Entries taken from a collection:
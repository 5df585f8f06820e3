-- ===== src/Rc.antt =====
-- The run control state machine: src/rc/RCFSM.h, src/rc/RCFSM.cpp, and its types in
-- src/utils/FzTypedef.h.
mod Diagram
pub mod Laws
mod Tests
use fz_daq.Prelude.{
  ℕ, zero, suc, ◌-◌, List, [], ◌∷◌, get_elem?, Option, none, some, ltb, if◌then◌else◌, ◌==◌,
}

pub data RcCommand : Type 0 where
  configure start stop reset : RcCommand

pub data RcState : Type 0 where
  idle ready running paused : RcState

pub data RcTransition : Type 0 where
  rc_error rc_ok : RcTransition

pub record RcFsm : Type 0 where
  pub curstate : RcState
  pub lasterr : RcTransition

abbrev rccommand_num : ℕ
rccommand_num = 4

-- The conversion of an enumerator to `int`.
abbrev command_id : RcCommand → ℕ
command_id configure = 0
command_id start = 1
command_id stop = 2
command_id reset = 3

abbrev state_id : RcState → ℕ
state_id idle = 0
state_id ready = 1
state_id running = 2
state_id paused = 3

rc_ttable : List (List ℕ)
rc_ttable =
    (1 ∷ 0 ∷ 0 ∷ 7 ∷ []) ∷ (0 ∷ 3 ∷ 0 ∷ 8 ∷ []) ∷ (0 ∷ 0 ∷ 5 ∷ 0 ∷ []) ∷ (2 ∷ 4 ∷ 6 ∷ 9 ∷ []) ∷ []

-- A read of the table; the indexes of an enumerator are always inside it.
abbrev entry : Option (List ℕ) → ℕ → ℕ
entry none s = 0
entry (some row) s = elim (get_elem? row s) [ none ↦ 0 | some t ↦ t ]

table_entry : ℕ → ℕ → ℕ
unfolding rc_ttable
table_entry c s = entry (get_elem? rc_ttable c) s

-- The constructor's machine.
unfoldable pub init : RcFsm
init = record { curstate = idle; lasterr = rc_ok }

unfoldable pub try_process : RcFsm → RcCommand → RcTransition
unfolding table_entry
try_process m c =
    if ltb (rccommand_num - 1) (command_id c)
    then rc_error
    else if table_entry (command_id c) (state_id m.curstate) == 0
    then rc_error
    else rc_ok

-- The `switch` on the transition's number: the new state and the outcome.
switch : ℕ → RcState → RcState × RcTransition
switch t s =
    if t == 0
    then (s, rc_error)
    else if t == 1
    then (ready, rc_ok)
    else if t == 2
    then (idle, rc_ok)
    else if t == 3
    then (running, rc_ok)
    else if t == 4
    then (idle, rc_ok)
    else if t == 5
    then (paused, rc_ok)
    else if t == 6
    then (idle, rc_ok)
    else if t == 7
    then (ready, rc_ok)
    else if t == 8
    then (running, rc_ok)
    else if t == 9
    then (idle, rc_ok)
    else (s, rc_ok)

-- The machine after the call, and the value returned.
unfoldable pub process : RcFsm → RcCommand → RcFsm × RcTransition
unfolding table_entry switch
process m c =
    if ltb (rccommand_num - 1) (command_id c)
    then (record m { lasterr = rc_error }, rc_error)
    else let (s, e) = switch (table_entry (command_id c) (state_id m.curstate)) m.curstate in
      (record { curstate = s; lasterr = e }, e)

-- A batch of commands, as the console and the run control socket send them one after another.
pub run : RcFsm → List RcCommand → RcFsm
run m [] = m
run m (c ∷ cs) = run (process m c).0 cs
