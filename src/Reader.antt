-- ===== src/Reader.antt =====
-- How datagrams become events: `udp_handler` of src/reader/FzReader.cpp, for the event NS_RECV.
mod Stream
mod Framing
mod Counts
mod Rounds
mod Tests
use fz_daq.Prelude.{
  ℕ, zero, suc, ◌+◌, ◌-◌, ◌*◌, ◌/◌, ◌%◌, List, [], ◌∷◌, ◌++◌, Bool, true, false, ◌||◌, ltb,
  if◌then◌else◌, ◌==◌, length, get_elem?, Result, ok, err, bad_index, or_fault, ◌>>=◌,
}
use fz_daq.Rc.{RcState, idle, ready, running, paused}

-- The counters of src/proto/FzNodeReport.proto that the reader keeps (uint64).
pub record ReaderReport : Type 0 where
  pub in_bytes : ℕ
  pub out_bytes : ℕ
  pub in_events : ℕ
  pub out_events : ℕ

-- A file written when recording: the two numbers of its name, and its words.
pub record RecordFile : Type 0 where
  pub second_word : ℕ
  pub file_no : ℕ
  pub words : List ℕ

-- The static variables of the handler, what its callback data points to, and what it has sent to
-- the socket and recorded, in order.
pub record Reader : Type 0 where
  pub chunk : List ℕ
  pub fileno : ℕ
  pub recording : Bool
  pub report : ReaderReport
  pub sent : List (List ℕ)
  pub files : List RecordFile

abbrev pub max_event_size : ℕ
max_event_size = 10000000

abbrev pub wrap : ℕ → ℕ
wrap n = n % 18446744073709551616

-- (value & REGHDR_FMT) == REGHDR_TAG
abbrev pub ends_event : ℕ → Bool
ends_event value = value / 2048 % 32 == 25

-- `chunk[1]` stands in the file's name.
unfoldable pub record_event : Reader → Result Reader
record_event r = do
  second ← or_fault bad_index (get_elem? r.chunk 1)
  let file : RecordFile = record { second_word = second; file_no = r.fileno; words = r.chunk }
  ok (record r { files = r.files ++ file ∷ []; fileno = (r.fileno + 1) % 4294967296 })

-- The message is counted and sent, and the chunk cleared.
unfoldable pub send_event : Reader → Reader
send_event r =
    let q = r.report in
    record r {
      report = record q {
        in_events = wrap (q.in_events + 1);
        out_events = wrap (q.out_events + 1);
        out_bytes = wrap (q.out_bytes + length r.chunk * 2);
      };
      sent = r.sent ++ r.chunk ∷ [];
      chunk = [];
    }

-- The body of the loop.
unfoldable pub put_word : ℕ → Reader → Result Reader
unfolding record_event send_event
put_word value r = do
  let t = record r { chunk = r.chunk ++ value ∷ [] }
  if ends_event value
      then (do u ← if t.recording then record_event t else ok t; ok (send_event u))
      else ok t

-- `memory` holds the 16-bit words that `io->buf` points to: `bufusint[i]` is `memory i`, also behind
-- the datagram's end. These are `n` words from the one numbered `i` on.
unfoldable pub buffer_words : (ℕ → ℕ) → ℕ → ℕ → List ℕ
buffer_words memory i zero = []
buffer_words memory i (suc n) = memory i ∷ buffer_words memory (suc i) n

unfoldable pub put_words : List ℕ → Reader → Result Reader
put_words [] r = ok r
put_words (w ∷ ws) r = put_word w r >>= put_words ws

-- The number of words of a datagram of `len` bytes.
abbrev pub evlen_of : ℕ → ℕ
evlen_of len = if len / 2 * 2 == len then len / 2 else len / 2 + 1

abbrev pub offset_of : (ℕ → ℕ) → ℕ
offset_of memory = if memory 0 == 0x8080 || memory 1 == 0x8080 || memory 2 == 0x8080 then 3 else 2

-- The words that the loop runs over: none if the datagram ends before the offset.
unfoldable pub payload : (ℕ → ℕ) → ℕ → List ℕ
unfolding buffer_words
payload memory len = buffer_words memory (offset_of memory) (evlen_of len - offset_of memory)

abbrev discard : Reader → Reader
discard r = if ltb (length r.chunk) max_event_size then r else record r { chunk = [] }

abbrev count_bytes : ℕ → Reader → Reader
count_bytes len r = record r {
  report = record r.report { in_bytes = wrap (r.report.in_bytes + len) };
}

unfoldable pub udp_handler : (ℕ → ℕ) → ℕ → Reader → Result Reader
unfolding put_words payload
udp_handler memory len r = do t ← put_words (payload memory len) r; ok (discard (count_bytes len t))

-- The class FzReader: its state beside what the handler works on.
pub record ReaderThread : Type 0 where
  pub rcstate : RcState
  pub handler : Reader

unfoldable pub record_events : Bool → ReaderThread → ReaderThread
record_events val t = record t { handler = record t.handler { recording = val } }

unfoldable pub set_rcstate : RcState → ReaderThread → ReaderThread
set_rcstate s t = record t { rcstate = s }

abbrev pub polls : RcState → Bool
polls running = true
polls _ = false

unfoldable pub handle_all : List ((ℕ → ℕ) × ℕ) → Reader → Result Reader
unfolding udp_handler
handle_all [] r = ok r
handle_all ((memory, len) ∷ ds) r = udp_handler memory len r >>= handle_all ds

-- A round of `process`, with the datagrams that `ns_mgr_poll` finds: it calls the handler for each.
unfoldable pub reader_round : List ((ℕ → ℕ) × ℕ) → ReaderThread → Result ReaderThread
unfolding handle_all
reader_round ds t =
    if polls t.rcstate
    then (handle_all ds t.handler >>= λ r. ok (record t { handler = r }))
    else ok t
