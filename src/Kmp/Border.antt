-- ===== src/Kmp/Border.antt =====
-- Prefixes of a pattern that end a text, and the longest of them.
use exec.Base.{
  ℕ, zero, suc, ◌+◌, ◌-◌, ◌≤◌, ◌<◌, ◌≡◌, ◌⊎◌, inl, inr, refl, ap, sym, ◌∙◌, List, [], ◌∷◌, arith,
  get_or, some, length, Bool-cases, ◌==◌,
}
use exec.Kmp.{char_at}

abbrev pub at : List ℕ → ℕ → ℕ
at p k = get_or p k 0

-- The first `j` characters of `p` are the last `j` of the first `i` of `s`.
pub record Ends (p s : List ℕ) (i j : ℕ) : Type 0 where
  pub fits : j ≤ i
  pub agrees : (k : ℕ) → k < j → at p k ≡ at s (i - j + k)

pub Ends-zero : (p s : List ℕ) (i : ℕ) → Ends p s i 0
Ends-zero p s i = record { fits = omega arith; agrees = λ k h. absurd (omega arith) }

pub Ends-suc : {p s : List ℕ} {i j : ℕ} → Ends p s i j → at p j ≡ at s i → Ends p s (suc i) (suc j)
Ends-suc {p} {s} {i} {j} e h = record {
  fits = omega (arith, e.fits);
  agrees = λ k l. elim (Bool-cases (k == j)) [
    | inl last ↦
        let same : k ≡ j = ground arith in ap (at p) same ∙ h ∙ ap (at s) (omega (arith, e.fits))
    | inr before ↦ e.agrees k (ground arith) ∙ ap (at s) (omega (arith, e.fits))
  ];
}

pub Ends-pred :
    {p s : List ℕ} {i j : ℕ} → Ends p s (suc i) (suc j) → Ends p s i j × (at p j ≡ at s i)
Ends-pred {p} {s} {i} {j} e = (
  record {
    fits = omega (arith, e.fits);
    agrees = λ k l. e.agrees k (omega arith) ∙ ap (at s) (omega (arith, e.fits));
  },
  e.agrees j (omega arith) ∙ ap (at s) (omega (arith, e.fits)),
)

-- Within a prefix that ends the text, the shorter ones are its borders, and the other way round.
pub Ends-inner : {p s : List ℕ} {i j k : ℕ} → Ends p s i j → Ends p s i k → k ≤ j → Ends p p j k
Ends-inner {p} {s} {i} {j} {k} e f h = record {
  fits = h;
  agrees = λ x l.
      f.agrees x l ∙ ap (at s) (omega (arith, e.fits)) ∙ sym (e.agrees (j - k + x) (omega arith));
}

pub Ends-outer : {p s : List ℕ} {i j k : ℕ} → Ends p s i j → Ends p p j k → Ends p s i k
Ends-outer {p} {s} {i} {j} {k} e f = record {
  fits = omega (arith, e.fits, f.fits);
  agrees = λ x l.
      f.agrees x l
      ∙ e.agrees (j - k + x) (omega (arith, f.fits))
      ∙ ap (at s) (omega (arith, e.fits, f.fits));
}

-- `j` is the longest of the prefixes shorter than `b` that end the text.
pub record IsLongest (p s : List ℕ) (i b j : ℕ) : Type 0 where
  pub ends : Ends p s i j
  pub below : j < b
  pub longest : (k : ℕ) → k < b → Ends p s i k → k ≤ j

-- The table holds the longest proper border of each prefix of length up to `l`.
pub record IsTable (p pi : List ℕ) (l : ℕ) : Type 0 where
  pub sized : length pi ≡ length p
  pub within : l ≤ length p
  pub borders : (q : ℕ) → 0 < q → q ≤ l → IsLongest p p q q (at pi (q - 1))

-- What the inner loop gives: the longest such prefix that the next character continues, if any.
pub record IsContinued (p s : List ℕ) (i b c j : ℕ) : Type 0 where
  pub ends : Ends p s i j
  pub below : j < b
  pub stops : (j ≡ 0) ⊎ (at p j ≡ c)
  pub longest : (k : ℕ) → k < b → Ends p s i k → at p k ≡ c → k ≤ j

pub char_at-eq : (p : List ℕ) (j : ℕ) → j < length p → char_at p j ≡ some (at p j)
char_at-eq [] j h = absurd (omega arith)
char_at-eq (c ∷ p) zero h = refl
char_at-eq (c ∷ p) (suc j) h = char_at-eq p j (omega arith)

| YOUR TASK |
Among the records above, extract exactly the lines from the line with "else if t == 9" to the line with "curstate = s;", both lines included, and leave out the rest.

| SOLUTION BELOW |
    else if t == 9
    then (idle, rc_ok)
    else (s, rc_ok)

-- The machine after the call, and the value returned.
unfoldable pub process : RcFsm → RcCommand → RcFsm × RcTransition
unfolding table_entry switch
process m c =
    if ltb (rccommand_num - 1) (command_id c)
    then (record m { lasterr = rc_error }, rc_error)
    else let (s, e) = switch (table_entry (command_id c) (state_id m.curstate)) m.curstate in
      (record { curstate = s; lasterr = e }, e)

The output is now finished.